Henry Kuttner (1915-1958) may be referred to as “one of the most important science fiction authors you’ve never heard of.” He was incredibly prolific and versatile, writing countless short stories of science fiction, fantasy, horror, thriller, and adventure, as well as over a dozen novels. Many of his works have been adapted into movies and episodes of television shows, including The Twilight Zone. One of my favorite science fiction stories of all time, “Private Eye,” was written by “Lewis Padgett,” the pen-name of Henry Kuttner and his equally talented writing wife, C.L. Moore. I’ve blogged about a number of his novels before — The Time Axis, Destination Infinity, The Well of the Worlds — and I’m always eager to read more of his bibliography, though it isn’t always easy to find it.
I recently came across a reprint of Kuttner’s novel Valley of the Flame (1946), and jumped at the chance to read it. The cover below is that of the first book edition, from 1964.
The story is a somewhat standard “lost world” adventure story, with a few twists. One of those can be seen on the cover of the book: the lost world, the titular Valley of the Flame, is inhabited by intelligent, hyper-evolved cat people!
The story begins in a remote region of the Amazon, where medical researchers Brian Raft and Dan Craddock run a small health center, researching tropical diseases. In recent days, drums have been sounding in the surrounding jungle almost continuously, putting Craddock — an older man with a mysterious past — on edge. He becomes even more nervous when a pair of strangers arrive, one deathly ill, the other somehow… different. Soon, the sick man is dead, and the unusual man has left with Craddock, apparently against Craddock’s will.
Raft goes in pursuit, and the trail leads to a massive hidden valley of wonders. It contains the technology of a long-vanished civilization, the current race of cat people who have built their own civilization based on strength and violence, monsters created by evolution and science, and the Cavern of the Flame, containing a source of energy that powers all of it. Raft finds himself wrapped up in the intrigues of the cat people, which includes an effort to revive the slowly-dwindling flame: an effort that could destroy the entire valley, and possibly the world.
Valley of the Flame is, at heart, a very standard pulp adventure story. This is not surprising, as it was written for the March 1946 issue of Startling Stories, whose cover is reproduced below.
Kuttner is somewhat legendary for being able to write pretty much any genre of story for any market on demand. In this story, I get the feeling that his heart wasn’t particularly in it.
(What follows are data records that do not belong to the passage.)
-- ===== src/Socket/Packet/Blocks.antt =====
-- The blocks of a mapped ring under every course of ReceiveBlockAsync, of read events, and of blocks that
-- the kernel fills. What a handler does while it runs are moves behind its event.
use asrt.Base.{
  ℕ, ◌+◌, ◌%◌, ◌<◌, ◌≡◌, ◌≢◌, refl, Bool, true, false, none, some, List, [], ◌∷◌, append-nil, All,
  ◌⊎◌, inl, length, length-set, get_elem?, get_elem?-of_lt, set, ◌∙◌, if◌then◌else◌, arith,
}
use asrt.Base.Course.{Stepped, course, IsNotified, IsAnswered, IsAnswered-of, course-IsNotified}
use asrt.ErrorCode.{Result, ok, err}
use asrt.Reactor.Events.{Events, has_write_event}
use asrt.Socket.Packet.{
  PacketSocket, Effect, calls, calls_block, posts_block, receive_block_async, packet_recv_possible,
  handle_block_receive, hand_over_block, increment_and_check, increment_block_index,
  on_packet_event, on_packet_write, on_packet_read, is_mmap_enabled,
}

pub data Move (H : Type 0) : Type 0 where
  receives_block : H → Move H
  event : Events → Move H
  kernel_fills : ℕ → Move H

module _ {H : Type 0} where
  -- The handlers that a step calls or posts.
  abbrev pub notified : List (Effect H) → List H
  notified [] = []
  notified (calls h result ∷ effects) = h ∷ notified effects
  notified (calls_block h index ∷ effects) = h ∷ notified effects
  notified (posts_block h index ∷ effects) = h ∷ notified effects
  notified (_ ∷ effects) = notified effects

  abbrev started : H → Result (Unit {0}) → List H
  started h (ok done) = h ∷ []
  started h (err error) = []

  abbrev pub nothing_more : PacketSocket H → PacketSocket H
  nothing_more s = s

  -- Events have no write, so that send(2) is not called, nor recv(2) with a ring.
  unfoldable pub step : Move H → PacketSocket H → Stepped (PacketSocket H) H
  unfolding receive_block_async on_packet_event
  step (receives_block h) s = elim (receive_block_async h s) [
    | none ↦ none
    | some (result, s', effects) ↦ some (started h result, s', notified effects)
  ]
  step (event events) s = elim (on_packet_event events (ok 0) (ok 0) nothing_more nothing_more s) [
    | none ↦ none
    | some (s', effects) ↦ some ([], s', notified effects)
  ]
  step (kernel_fills block) s = some ([], record s { ring = set s.ring block true }, [])

  abbrev pub IsExpected : Move H → Type 0
  IsExpected (event events) = has_write_event events ≡ false
  IsExpected _ = Unit

  -- The handler that waits for a block.
  abbrev pub held : PacketSocket H → List H
  held s = if s.recv_ongoing then elim s.recv_block_handler [ none ↦ [] | some h ↦ h ∷ [] ] else []

  -- The current block is one of the ring.
  abbrev pub IsInRing : PacketSocket H → Type 0
  IsInRing s = (length s.ring ≡ s.total_block_num) × (s.current_block_index < s.total_block_num)

  -- A receive under way has a handler, and no block is pending beside it.
  abbrev pub IsSound : PacketSocket H → Type 0
  IsSound s =
      IsInRing s
      × (is_mmap_enabled s.mmap_mode ≡ true)
      × ((s.recv_ongoing ≡ false) ⊎ (s.recv_block_handler ≢ none) × (s.block_read_pending ≡ false))

  -- The current block and the next one.
  pub two_blocks :
      (s : PacketSocket H)
      → IsInRing s
      → let next = (s.current_block_index + 1) % s.total_block_num in
        (next < s.total_block_num)
        × ((now : Bool) × (get_elem? s.ring s.current_block_index ≡ some now))
        × ((later : Bool) × (get_elem? s.ring next ≡ some later))
  two_blocks s (size, inside) =
      let next = (s.current_block_index + 1) % s.total_block_num in
      (
        omega arith,
        get_elem?-of_lt s.ring s.current_block_index (omega arith),
        get_elem?-of_lt s.ring next (omega arith),
      )

  receive-IsNotified :
      (h : H) (s : PacketSocket H)
      → IsSound s
      → IsNotified held IsSound s (step (receives_block h) s)
  unfolding step receive_block_async packet_recv_possible
  receive-IsNotified h s (inside, enabled, free) =
      let (bound, (now, e), more) = two_blocks s inside in ground (arith, append-nil (held s))

  event-IsNotified :
      (events : Events) (s : PacketSocket H)
      → IsSound s
      → has_write_event events ≡ false
      → IsNotified held IsSound s (step (event events) s)
  unfolding step on_packet_event on_packet_write on_packet_read handle_block_receive hand_over_block
      increment_and_check increment_block_index
  event-IsNotified events s (inside, enabled, free) reads =
      let (bound, (now, e), (later, e')) = two_blocks s inside in
      ground (arith, append-nil (held s), length-set s.ring s.current_block_index false)

  fills-IsNotified :
      (block : ℕ) (s : PacketSocket H)
      → IsSound s
      → IsNotified held IsSound s (step (kernel_fills block) s)
  unfolding step
  fills-IsNotified block s ((size, inside), enabled, free) =
      (((length-set s.ring block true ∙ size, inside), enabled, free), append-nil (held s))

  step-IsNotified :
      (m : Move H) (s : PacketSocket H)
      → IsSound s
      → IsExpected m
      → IsNotified held IsSound s (step m s)
  step-IsNotified (receives_block h) s sound expected = receive-IsNotified h s sound
  step-IsNotified (event events) s sound expected = event-IsNotified events s sound expected
  step-IsNotified (kernel_fills block) s sound expected = fills-IsNotified block s sound

  -- Where the ring is mapped, the current block is one of it and no receive is under way, no call of
  -- ReceiveBlockAsync and no event without a write reads a block outside the ring or calls an empty
  -- handler, in whatever order the kernel fills blocks, and the handlers of the calls that succeed are called or posted in the order
  -- of these calls and each once, except that the last one may still wait.
  pub blocks-IsAnswered :
      (ms : List (Move H)) (s : PacketSocket H)
      → IsInRing s
      → is_mmap_enabled s.mmap_mode ≡ true
      → s.recv_ongoing ≡ false
      → All IsExpected ms
      → IsAnswered held IsSound (course step ms s)
  blocks-IsAnswered ms s inside enabled idle expected =
      IsAnswered-of held IsSound s (course step ms s) (rw idle refl) (
        course-IsNotified step held IsSound IsExpected step-IsNotified ms s
          (inside, enabled, inl idle) expected)
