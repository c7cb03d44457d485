-- ===== src/Socket/Packet/Errors.antt =====
-- What the receive operations of a packet socket do with a pending block, and with errors.
use asrt.Base.{ℕ, ◌≡◌, Bool, true, false, Option, none, some, List, [], ◌∷◌, ◌↔◌, get_elem?, arith}
use asrt.ErrorCode.{ErrorCode, Result, ok, err, is_busy, eq_code, to_underlying}
use asrt.Reactor.Events.{Events, has_read_event, has_write_event}
use asrt.Socket.Packet.{
  PacketSocket, Step, Effect, calls_block, posts_block, consumes, read_operation_started,
  receive_block_async, packet_recv_possible, handle_block_receive, hand_over_block,
  increment_and_check, increment_block_index, on_packet_event, on_packet_write, on_packet_read,
  is_mmap_enabled, packet_receive_some, or_else_receive,
}
use asrt.Socket.Packet.Blocks.{IsInRing, two_blocks}

module _ {H : Type 0} where
  -- ReceiveSome reports an error only where recv(2) would block on a blocking socket: every other error,
  -- that the socket is not open, that a receive is under way, and every other error of recv(2), is
  -- reported as a success with zero bytes.
  pub receive_some_errors :
      (non_blocking : Bool) (answer : Result ℕ) (s : PacketSocket H) (e : ErrorCode)
      → (packet_receive_some non_blocking answer s ≡ err e) ↔ (
          (non_blocking ≡ false)
          × (is_busy e ≡ true)
          × (packet_recv_possible s ≡ ok tt)
          × (answer ≡ err e))
  unfolding packet_receive_some or_else_receive packet_recv_possible is_busy eq_code to_underlying
  receive_some_errors non_blocking answer s e = ground arith

  abbrev pub effects_of : Step H → Option (List (Effect H))
  effects_of none = none
  effects_of (some (s, effects)) = some effects

  -- A block that is handed out from block_read_pending is handed out again. Where a block is pending, and the
  -- current one of the mapped ring is ready, a ReceiveBlockAsync posts its handler with the current
  -- block; it does not give the block back or go on to the next one, so the next ReceiveBlockAsync
  -- waits, and the next read event calls its handler with the same block.
  pub block_handed_out_twice :
      (h g : H) (events : Events) (sent received : Result ℕ)
      (in_send in_receive : PacketSocket H → PacketSocket H) (s : PacketSocket H)
      → IsInRing s
      → is_mmap_enabled s.mmap_mode ≡ true
      → s.is_open ≡ true
      → s.recv_ongoing ≡ false
      → s.block_read_pending ≡ true
      → get_elem? s.ring s.current_block_index ≡ some true
      → has_write_event events ≡ false
      → has_read_event events ≡ true
      → let i = s.current_block_index in
        let s' = record s { block_read_pending = false } in
        let s'' = record s' { recv_ongoing = true; recv_block_handler = some g } in
        (receive_block_async h s ≡ some (ok tt, s', posts_block h i ∷ []))
        × (receive_block_async g s' ≡ some (ok tt, s'', read_operation_started ∷ []))
        × (effects_of (on_packet_event events sent received in_send in_receive s'')
            ≡ some (calls_block g i ∷ consumes i ∷ []))
  unfolding receive_block_async packet_recv_possible on_packet_event on_packet_write on_packet_read
      handle_block_receive hand_over_block increment_and_check increment_block_index
  block_handed_out_twice h g events sent received in_send in_receive s inside enabled opened idle
        pending ready writes reads =
      let (bound, now, (later, e)) = two_blocks s inside in
      (ground arith, ground arith, ground arith)
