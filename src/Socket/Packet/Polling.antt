-- ===== src/Socket/Packet/Polling.antt =====
-- `PollReceiveBlockSync` of a packet socket. Its loop is a list of rounds, behind which a stop is requested:
-- each has the blocks that the kernel fills before the look at the ring, and the answer of poll(2).
use native.Mathlib.Nat.{mod-add-mod, mod-eq_of_lt}
use asrt.Base.{
  ℕ, zero, suc, ◌+◌, ◌%◌, ◌==◌, ◌<◌, ◌≡◌, ◌∙◌, refl, sym, ap, Bool, true, false, Option, none, some,
  List, [], ◌∷◌, length, length-set, get_elem?, get_elem?-of_lt, set, arith,
}
use asrt.ErrorCode.{ErrorCode, Result, ok, err, receive_operation_ongoing}
use asrt.Socket.Packet.{
  PacketSocket, Effect, calls_block, consumes, increment_block_index, packet_recv_possible,
}
use asrt.Socket.Packet.Blocks.{IsInRing}

pub record Round : Type 0 where
  pub fills : List ℕ
  pub poll_answer : Result (Unit {0})

abbrev pub fill_all : List ℕ → List Bool → List Bool
fill_all [] ring = ring
fill_all (block ∷ blocks) ring = fill_all blocks (set ring block true)

abbrev pub Polled : Type 0 → Type 0
Polled H = Option (Result (Unit {0}) × PacketSocket H × List (Effect H))

-- `n` blocks of a ring of `total`, from block `i` on.
abbrev pub turn : ℕ → ℕ → ℕ → List ℕ
turn total i zero = []
turn total i (suc n) = i ∷ turn total ((i + 1) % total) n

length-fill_all : (blocks : List ℕ) (ring : List Bool) → length (fill_all blocks ring) ≡ length ring
length-fill_all [] ring = refl
length-fill_all (block ∷ blocks) ring =
    length-fill_all blocks (set ring block true) ∙ length-set ring block true

next_index : (i n total : ℕ) → ((i + 1) % total + n) % total ≡ (i + suc n) % total
next_index i n total =
    let e : i + 1 + n ≡ i + suc n = omega arith in
    mod-add-mod (i + 1) total n ∙ ap (λ k. k % total) e

stays : (i total : ℕ) → i < total → i ≡ (i + 0) % total
stays i total inside =
    let e : i + 0 ≡ i = omega arith in sym (ap (λ k. k % total) e ∙ mod-eq_of_lt inside)

module _ {H : Type 0} where
  -- The loop.
  unfoldable pub poll_rounds : H → List Round → PacketSocket H → Polled H
  unfolding increment_block_index
  poll_rounds h [] s = some (ok tt, s, [])
  poll_rounds h (r ∷ rs) s =
      let i = s.current_block_index in
      let ring' = fill_all r.fills s.ring in
      elim (get_elem? ring' i) [
        | none ↦ none
        | some false ↦ elim r.poll_answer [
          | err error ↦ some (err error, record s { ring = ring' }, [])
          | ok done ↦ poll_rounds h rs (record s { ring = ring' })
        ]
        | some true ↦ elim (increment_block_index (record s { ring = set ring' i false })) [
          | none ↦ none
          | some s' ↦ elim (poll_rounds h rs s') [
            | none ↦ none
            | some (result, s'', effects) ↦
                some (result, s'', calls_block h i ∷ consumes i ∷ effects)
          ]
        ]
      ]

  abbrev started : PacketSocket H → PacketSocket H
  started s = record s { recv_ongoing = true }

  -- The end of `PollReceiveBlockSync`.
  abbrev ended : Polled H → Polled H
  ended none = none
  ended (some (result, s, effects)) = some (result, record s { recv_ongoing = false }, effects)

  -- `PollReceiveBlockSync`, by the answer of eventfd(2).
  unfoldable pub poll_receive_block_sync :
      Result (Unit {0}) → H → List Round → PacketSocket H → Polled H
  unfolding packet_recv_possible poll_rounds
  poll_receive_block_sync event_fd h rs s = elim (packet_recv_possible s) [
    | err error ↦ some (err error, s, [])
    | ok done ↦ elim event_fd [
      | err error ↦ some (err error, started s, [])
      | ok made ↦ ended (poll_rounds h rs (started s))
    ]
  ]

  -- The blocks that are handed to the handler.
  abbrev pub handed : List (Effect H) → List ℕ
  handed [] = []
  handed (calls_block h i ∷ effects) = i ∷ handed effects
  handed (_ ∷ effects) = handed effects

  -- What a run hands over, and where it leaves the socket.
  abbrev pub IsInTurn : PacketSocket H → Polled H → Type 0
  IsInTurn s none = ⊥
  IsInTurn s (some (result, s', effects)) =
      let i = s.current_block_index in
      let total = s.total_block_num in
      let n = length (handed effects) in
      (handed effects ≡ turn total i n)
      × (s'.current_block_index ≡ (i + n) % total)
      × (s'.total_block_num ≡ total)
      × IsInRing s'

  -- A round that hands over the current block, before those behind it.
  hands_over :
      (h : H) (s : PacketSocket H) (ring : List Bool) (o : Polled H)
      → IsInRing s
      → length ring ≡ s.total_block_num
      → let i = s.current_block_index in
        let s' = record s { ring = ring; current_block_index = (i + 1) % s.total_block_num } in
        IsInTurn s' o
        → IsInTurn s (elim o [
          | none ↦ none
          | some (result, s'', effects) ↦ some (result, s'', calls_block h i ∷ consumes i ∷ effects)
        ])
  hands_over h s ring none inside size fails = elim fails [ ]
  hands_over h s ring (some (result, s'', effects)) inside size (order, index, total, last) =
      let i = s.current_block_index in
      (
        ap (λ blocks. i ∷ blocks) order,
        index ∙ next_index i (length (handed effects)) s.total_block_num,
        total,
        last,
      )

  abbrev filled : Round → PacketSocket H → PacketSocket H
  filled r s = record s { ring = fill_all r.fills s.ring }

  -- A round that finds the current block in state `b`, with what is known of the rounds behind it.
  round-IsInTurn :
      (h : H) (r : Round) (rs : List Round) (s : PacketSocket H) (b : Bool)
      → IsInRing s
      → get_elem? (fill_all r.fills s.ring) s.current_block_index ≡ some b
      → ((s' : PacketSocket H) → IsInRing s' → IsInTurn s' (poll_rounds h rs s'))
      → IsInTurn s (poll_rounds h (r ∷ rs) s)
  unfolding poll_rounds increment_block_index
  round-IsInTurn h r rs s false (size, inside) e later =
      let size' = length-fill_all r.fills s.ring ∙ size in
      rw (e, IsInTurn) (waits r.poll_answer size' (later (filled r s) (size', inside)))
    where
      waits :
          (answer : Result (Unit {0}))
          → length (fill_all r.fills s.ring) ≡ s.total_block_num
          → IsInTurn (filled r s) (poll_rounds h rs (filled r s))
          → IsInTurn s (elim answer [
            | err error ↦ some (err error, filled r s, [])
            | ok done ↦ poll_rounds h rs (filled r s)
          ])
      waits (err error) size' turns =
          (refl, stays s.current_block_index s.total_block_num inside, refl, (size', inside))
      waits (ok done) size' turns = turns
  round-IsInTurn h r rs s true (size, inside) e later =
      let i = s.current_block_index in
      let ring' = set (fill_all r.fills s.ring) i false in
      let size' : length ring' ≡ s.total_block_num =
        length-set (fill_all r.fills s.ring) i false ∙ length-fill_all r.fills s.ring ∙ size in
      let s' : PacketSocket H = record s {
        ring = ring';
        current_block_index = (i + 1) % s.total_block_num;
      } in
      let nonzero : (s.total_block_num == 0) ≡ false = ground arith in
      rw (e, nonzero, IsInTurn)
        (hands_over h s ring' (poll_rounds h rs s') (size, inside) size'
          (later s' (size', omega arith)))

  poll_rounds-IsInTurn :
      (h : H) (rs : List Round) (s : PacketSocket H) → IsInRing s → IsInTurn s (poll_rounds h rs s)
  unfolding poll_rounds
  poll_rounds-IsInTurn h [] s (size, inside) =
      (refl, stays s.current_block_index s.total_block_num inside, refl, (size, inside))
  poll_rounds-IsInTurn h (r ∷ rs) s (size, inside) =
      let ring' = fill_all r.fills s.ring in
      let same = length-fill_all r.fills s.ring in
      let (b, e) = get_elem?-of_lt ring' s.current_block_index (omega (arith, same, size)) in
      round-IsInTurn h r rs s b (size, inside) e (poll_rounds-IsInTurn h rs)

  -- Where the current block is one of the ring, PollReceiveBlockSync reads no block outside it, for every
  -- answer of eventfd(2) and of poll(2) and whatever the kernel fills: its handler is called with
  -- consecutive blocks from the current one on, around the ring, and the current block afterwards is the
  -- one behind the last of them.
  pub polls-IsInTurn :
      (event_fd : Result (Unit {0})) (h : H) (rs : List Round) (s : PacketSocket H)
      → IsInRing s
      → IsInTurn s (poll_receive_block_sync event_fd h rs s)
  unfolding poll_receive_block_sync packet_recv_possible
  polls-IsInTurn event_fd h rs s inside =
      possible (packet_recv_possible s) event_fd (poll_rounds h rs (started s))
        (poll_rounds-IsInTurn h rs (started s) inside)
    where
      ends : (o : Polled H) → IsInTurn (started s) o → IsInTurn s (ended o)
      ends none fails = elim fails [ ]
      ends (some (result, s', effects)) turns = turns

      possible :
          (p fd : Result (Unit {0})) (o : Polled H)
          → IsInTurn (started s) o
          → IsInTurn s (elim p [
            | err error ↦ some (err error, s, [])
            | ok done ↦ elim fd [ err error ↦ some (err error, started s, []) | ok made ↦ ended o ]
          ])
      possible (err error) fd o turns =
          (refl, stays s.current_block_index s.total_block_num inside.1, refl, inside)
      possible (ok done) (err error) o turns =
          (refl, stays s.current_block_index s.total_block_num inside.1, refl, inside)
      possible (ok done) (ok made) o turns = ends o turns

  -- A PollReceiveBlockSync that gets no eventfd leaves the receive ongoing. Where a receive is possible, it returns
  -- that error without a block, and every later receive and poll is refused with
  -- receive_operation_ongoing, although none is under way.
  pub eventfd_failure_sticks :
      (error : ErrorCode) (event_fd : Result (Unit {0})) (h g : H) (rs more : List Round)
      (s : PacketSocket H)
      → packet_recv_possible s ≡ ok tt
      → let s' = record s { recv_ongoing = true } in
        (poll_receive_block_sync (err error) h rs s ≡ some (err error, s', []))
        × (packet_recv_possible s' ≡ err receive_operation_ongoing)
        × (poll_receive_block_sync event_fd g more s'
            ≡ some (err receive_operation_ongoing, s', []))
  unfolding poll_receive_block_sync packet_recv_possible
  eventfd_failure_sticks error event_fd h g rs more s possible =
      (ground arith, ground arith, ground arith)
There are, nevertheless, wonderful flashes of brilliance in the story. The Valley is special due to the mystical properties of the flame which, in essence, speed up the metabolism of living things to an unbelievable rate. When the flame was at its full strength, countless generations of felines evolved into the intelligent race of cat people in the span of a few ordinary years outside the valley. Now, even with its power waning, the living things in the valley can effectively perceive months in the span of a single Earth day. This results in wonders to the perception of humans like Raft: boulders floating down at a leisurely pace in freefall, raging rivers move as slow as molasses. Plants which would ordinarily appear stationary instead have diabolical animation:
Those incredible columns seemed to be moving toward him, a giant Birnam Wood malignantly alive. Trees!
For they were trees, not Jurassic cycads, not tree-ferns. He could tell that. They were true trees, but they should have grown on a planet as large as Jupiter, not on Earth.
They were sanctuaries as well, retreats for living organisms, he saw as the trail passed near the towering wall of one. From a distance he had thought the bark smooth. Instead it was literally covered with irregular bumps and swellings.
Vines slid across the trunk like snakes, creeping with a slowness that belied the sudden flash of tendrils as — tongues? — snapped out to capture the insects and birds that fluttered past.
Rainbow flowers glowed on the leafless vines, and a heavy, sweet scent drifted into Raft’s nostrils. From something like a shallow shell that jutted from the trunk a lizard darted out, seized a vine, and carried it back, writhing, to its water-brimming den. There it proceeded to drown the snaky thing and devour it at leisure.
Kuttner has a lot of fun with the idea of super-metabolic processes, though even this never quite reaches the imaginative height of his other works. I found the story enjoyable, but it is not his best work.
One thing about Valley of the Flame bugs me now, though it probably wouldn’t have when I was younger. Raft ends up falling in love with one of the beautiful humanoid cat people, a women named Janissa. Knowing what I know these days about biology, the notion of interspecies romance seems rather creepy, especially species that are not even in the same biological order, four levels more general! Of course, the idea of sexy cat people is not unique to Kuttner, and is found in a lot of fiction. But it’s still weird.
In short: Kuttner’s Valley of the Flame is an entertaining, though rather conventional, pulp adventure story. It will be of most interest to fans of Kuttner’s work.